I read Browne’s Rolling Stone article about the “Fare Thee Well” tour when it came out the first week in June. I had gotten the issue from my neighbor, a retired barber who hands me a stack of magazines each week, subscriptions rerouted to his house after he closed up shop. Though I’ve been to a few Grateful Dead concerts, I am not a Deadhead, nor am I a scholar of the band’s fifty-year history this final tour commemorates. My only connection to the Grateful Dead is through my older brother, David. I wondered whether he’d bought a ticket to one of the five shows—three at Soldier Field in Chicago and two at Levi’s Stadium in Santa Clara, CA—or if he planned to watch a simulcast of the concert in a movie theater or on pay-per-view. My best guess was he would shun the event altogether, based on an unwavering belief that the Grateful Dead died with Jerry, though this was only speculation on my part. What I did know was, when David turns sixty this coming November, I wouldn’t call him or send a card. I hadn’t spoken to David in over five years. Neither had my parents. Like most families, the personal dynamics of ours are complicated.

 

***

 

The Grateful Dead’s unique sound has been attributed to each member’s ability to evolve individually and as a whole.
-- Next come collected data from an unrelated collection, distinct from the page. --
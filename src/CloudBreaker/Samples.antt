-- ===== src/CloudBreaker/Samples.antt =====
-- Concrete calls through the breaker.
use cloud_sentinel_ai.Base.{some, none, List, [], ◌∷◌}
use cloud_sentinel_ai.CloudBreaker.{CircuitBreaker, closed, opened}
use cloud_sentinel_ai.CloudBreaker.Calls.{Attempt}

abbrev failing : Attempt
failing = record { now = 10; failing = 12; result = none }

abbrev working : Attempt
working = record { now = 20; failing = 20; result = some 7 }

abbrev mixed : List Attempt
mixed = failing ∷ working ∷ failing ∷ working ∷ []

abbrev broken : CircuitBreaker
broken = record {
  failure_threshold = 5;
  recovery_time = 60;
  failure_count = 5;
  last_failure_time = some 100;
  state = opened;
}

abbrev healthy : CircuitBreaker
healthy = record broken { failure_count = 0; last_failure_time = none; state = closed }
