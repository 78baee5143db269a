-- ===== src/Tests/Data.antt =====
-- Harts, tasks and locks to try things on.
use gquuuuuunix.Base.{ℕ, false, true, none, ◌+◌}
use gquuuuuunix.Riscv.{Csrs}
use gquuuuuunix.Cpu.{Context, Core}
use gquuuuuunix.SpinLock.{SpinLock}
use gquuuuuunix.Task.{runnable, Task}
use gquuuuuunix.Sched.{Hart}

-- Hart `h` with interrupts enabled in supervisor mode.
abbrev pub csrs_of : ℕ → Csrs
csrs_of h = record {
  mhartid = h;
  mstatus = 0;
  mepc = 0;
  sstatus = 2;
  sip = 2;
  sie = 0;
  mie = 0;
  sepc = 0;
  medeleg = 0;
  mideleg = 0;
  stvec = 0;
  mtvec = 0;
  pmpcfg0 = 0;
  pmpaddr0 = 0;
  pmpaddr1 = 0;
  satp = 0;
  mscratch = 0;
  scause = 9223372036854775809;
  stval = 0;
  mcounteren = 0;
  time = 0;
  tp = h;
}

abbrev pub context_at : ℕ → Context
context_at pc = record {
  ra = pc;
  sp = pc + 4096;
  s0 = 0;
  s1 = 0;
  s2 = 0;
  s3 = 0;
  s4 = 0;
  s5 = 0;
  s6 = 0;
  s7 = 0;
  s8 = 0;
  s9 = 0;
  s10 = 0;
  s11 = 0;
}

abbrev pub core_of : ℕ → Core
core_of h = record {
  csrs = csrs_of h;
  cpu = record { task = none; context = context_at 100; off_nrs = 0; intr_ena_before = false };
}

abbrev pub hart_of : ℕ → Hart
hart_of h = record { core = core_of h; regs = context_at 200 }

abbrev pub open_lock : SpinLock
open_lock = record { is_locked = 0; cpu = none; ops = true }

abbrev pub ready_task : Task
ready_task = record { pid = 0; context = context_at 300; state = runnable; lk = open_lock }
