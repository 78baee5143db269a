-- ===== src/Tests/Asm.antt =====
-- The assembly on concrete machines.
use gquuuuuunix.Base.{
  ℕ, ◌+◌, ◌≤◌, ◌<◌, ◌≡◌, ◌≢◌, ◌⊎◌, none, inl, refl, ◌==◌, if◌then◌else◌, update, arith,
}
use gquuuuuunix.Outcome.{Outcome, ok}
use gquuuuuunix.Sched as Sched
use gquuuuuunix.Sched.{Hart}
use gquuuuuunix.Sched.System.{now}
use gquuuuuunix.Trap.{Clock, tick, served, restore, clear_ssip, timer_case, trap_enter}
use gquuuuuunix.Riscv.{r_sepc, r_sstatus, r_scause, r_sip, w_sip, w_sepc, w_sstatus, r_tp, intr_get}
use gquuuuuunix.Start.{clint_mtimecmp, start}
use gquuuuuunix.Asm.{sp, tp, t0, a0, a1, Machine, mret, step, exec}
use gquuuuuunix.Asm.Blocks.{Avoids}
use gquuuuuunix.Asm.Switch.{switch_to, switched_regs, context_at, context_of, switch_to_lem}
use gquuuuuunix.Asm.Timer.{timer_vec}
use gquuuuuunix.Asm.Tick.{IsArmed, timer_ticks}
use gquuuuuunix.Asm.Kernelvec.{kernelvec, entered}
use gquuuuuunix.Asm.Trap.{take_trap, view, serves, trap_goes_on}
use gquuuuuunix.Asm.Entry.{entry}
use gquuuuuunix.Asm.PowerOn.{previous_mode, power_on}
use gquuuuuunix.Tests.Data.{csrs_of, core_of, hart_of}

-- Every word holds the number behind its address; the contexts are at 4096 and 8192.
abbrev switching : Machine
switching = record {
  regs = λ r. if r == a0 then 4096 else if r == a1 then 8192 else r;
  csrs = csrs_of 0;
  mem = λ a. a + 1;
  pc = 0;
}

switch_to_lem_example :
    (m' : Machine) × (exec switch_to switching ≡ ok m')
    × (context_at m'.mem 4096 ≡ context_of switching.regs)
    × (context_of m'.regs ≡ context_at switching.mem 8192)
    × (m'.pc ≡ 8193)
    × ((b : ℕ) → (b < 4096) ⊎ (4208 ≤ b) → m'.mem b ≡ b + 1)
    × ((r : ℕ) → Avoids r switched_regs → m'.regs r ≡ switching.regs r)
    × (m'.csrs ≡ csrs_of 0)
unfolding Sched.switch_to
switch_to_lem_example =
    switch_to_lem switching refl refl (omega arith) (omega arith) (inl (omega arith))

-- Hart 1, with its row of the array at 0x80001000 and its comparison register at 500.
abbrev ticking : Machine
ticking = record {
  regs = λ r. r;
  csrs = record (csrs_of 1) { mscratch = 2147487784; mepc = 600; sip = 0; mstatus = 128 };
  mem = λ a.
      if a == 2147487808
      then clint_mtimecmp 1
      else if a == 2147487816
      then 10000
      else if a == clint_mtimecmp 1
      then 500
      else 0;
  pc = 0;
}

timer_ticks_example :
    (m' : Machine) × (exec timer_vec ticking ≡ ok m')
    × (m'.mem (clint_mtimecmp 1) ≡ 10500)
    × (m'.csrs ≡ record ticking.csrs { sip = 2; mstatus = 136 })
    × (m'.pc ≡ 600)
    × ((r : ℕ) → m'.regs r ≡ r)
    × IsArmed 2147487744 1 m'
    × ((b : ℕ)
        → b ≢ clint_mtimecmp 1
        → (b < 2147487784) ⊎ (2147487808 ≤ b)
        → m'.mem b ≡ ticking.mem b)
timer_ticks_example =
    timer_ticks 2147487744 1 ticking
      (record { few = omega arith; row_aligned = refl; above = omega arith; fits = omega arith })
      (record { row = refl; register = refl; interval = refl })

-- Hart 0 in the scheduler, with interrupts enabled, and a stack from 8192 down.
abbrev scheduling : Machine
scheduling = record {
  regs = λ r. if r == sp then 8192 else if r == tp then 0 else r + 100;
  csrs = csrs_of 0;
  mem = λ a. 0;
  pc = 500;
}

abbrev trapped : Machine
trapped = entered 77 (take_trap 9223372036854775809 scheduling)

-- Code that takes the pending bit back and uses `t0` on the way.
abbrev compiled : Machine → Outcome Machine
compiled m = ok (record m { regs = update m.regs t0 0; csrs = record m.csrs { sip = 0 } })

abbrev handled : Machine
handled = record trapped { regs = update trapped.regs t0 0; csrs = record trapped.csrs { sip = 0 } }

abbrev with_csrs : Machine → Hart
with_csrs m = record (hart_of 0) { core = record (core_of 0) { csrs = view m } }

abbrev clock : Clock
clock = record { gticks = 0; time = record { data_bits = 0; mantissa_bit = 32 } }

trap_enter-trapped :
    trap_enter now none clock (with_csrs trapped)
    ≡ ok (tick (view trapped) clock, served (with_csrs handled))
unfolding trap_enter timer_case tick r_sepc r_sstatus r_scause intr_get restore clear_ssip w_sepc
    w_sstatus w_sip r_sip r_tp
trap_enter-trapped = refl

trap_goes_on_example :
    (m' : Machine) × (exec (kernelvec 77 compiled) (take_trap 9223372036854775809 scheduling)
      ≡ ok m')
    × (m'.pc ≡ 500)
    × ((r : ℕ) → 0 < r → r < 32 → r ≢ tp → m'.regs r ≡ scheduling.regs r)
    × (m'.regs tp ≡ 0)
    × (intr_get m'.csrs ≡ intr_get (csrs_of 0))
    × (m'.mem ≡ handled.mem)
trap_goes_on_example =
    trap_goes_on 77 compiled 9223372036854775809 scheduling handled refl (omega arith) (omega arith)
      refl refl (λ j lt. refl)
      (serves now none clock (tick (view trapped) clock) (with_csrs trapped) (with_csrs handled)
        refl refl trap_enter-trapped)

abbrev starting : ℕ → Machine
starting h = record { regs = λ r. r; csrs = csrs_of h; mem = λ a. 0; pc = 0 }

power_on_example :
    (m1 : Machine) × (exec (entry 2147500032 2147483700 2147483652) (starting 3) ≡ ok m1)
    × (m1.pc ≡ 2147483700)
    × (m1.regs sp ≡ 2147516416)
    × let (c, timer) = start 2147487744 5 2147520000 2147483904 m1.csrs in
      (timer.scratch3 ≡ clint_mtimecmp 3)
      × (previous_mode c.mstatus ≡ 1)
      × (m2 : Machine) × (step mret
            (record { regs = λ r. 0; csrs = c; mem = λ a. 0; pc = 2147483900 })
          ≡ ok m2)
      × (m2.pc ≡ 2147487744)
      × (m2.csrs.tp ≡ 3)
      × (m2.csrs.mscratch ≡ 2147520120)
      × (m2.csrs.mtvec ≡ 2147483904)
      × (m2.csrs.mideleg ≡ 65535)
power_on_example =
    power_on 2147500032 2147483700 2147483652 2147487744 5 2147520000 2147483904 (starting 3)
      (λ r. 0) (λ a. 0) 2147483900 (omega arith) (omega arith)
Music critic Brent Wood believes this evolution was due to the band’s “emphasis on true polyphony, a texture heard only rarely in contemporary popular music.” The musicians must “give up a little of their version of the music,” Phil Lesh told David Fricke of Rolling Stone last year, “to achieve a collective sound.” For the band, this meant never playing the same song the same way. “That was the key to the Grateful Dead,” Lesh explained. “Don’t repeat. Make the song different every time you play it.” The Dead’s commitment to improvisation was often an unsuccessful process many listeners hadn’t the patience for. In response to this criticism, Garcia provided this analogy: “Our audience is like people who like licorice. Not everybody likes licorice, but the people who like licorice really like licorice.”

 

***

 

When I told an old friend from high school I’d stopped speaking to my brother David, she was surprised. “I forgot you had another brother,” she said. She’d never met him, nor had any of my friends. Once David was gone, he stayed gone. He moved a thousand miles north to Seattle after college and graduate school and came home to Southern California once a year, usually in the winter when he needed a sun break from the endless gray. He was living with a woman we had met a few times, though I was the first—and for a long time, the only—one in the family to dislike her. My parents chalked this up to my judgmental tendencies, a criticism I’d borne since my early teens. Still, I kept my distance. Only later did the rest of my family recognize what I had known for several years: this woman was scary. They caught glimpses of her that concerned them—her subtle racism and her mean streak fueled by alcohol. I gathered these details from the stories that followed their long phone calls and short visits. To be fair, his girlfriend became a convenient place to lay our disappointment in David, the black sheep in our family long before he’d even met her. Or perhaps she was like licorice, someone we never developed a taste for.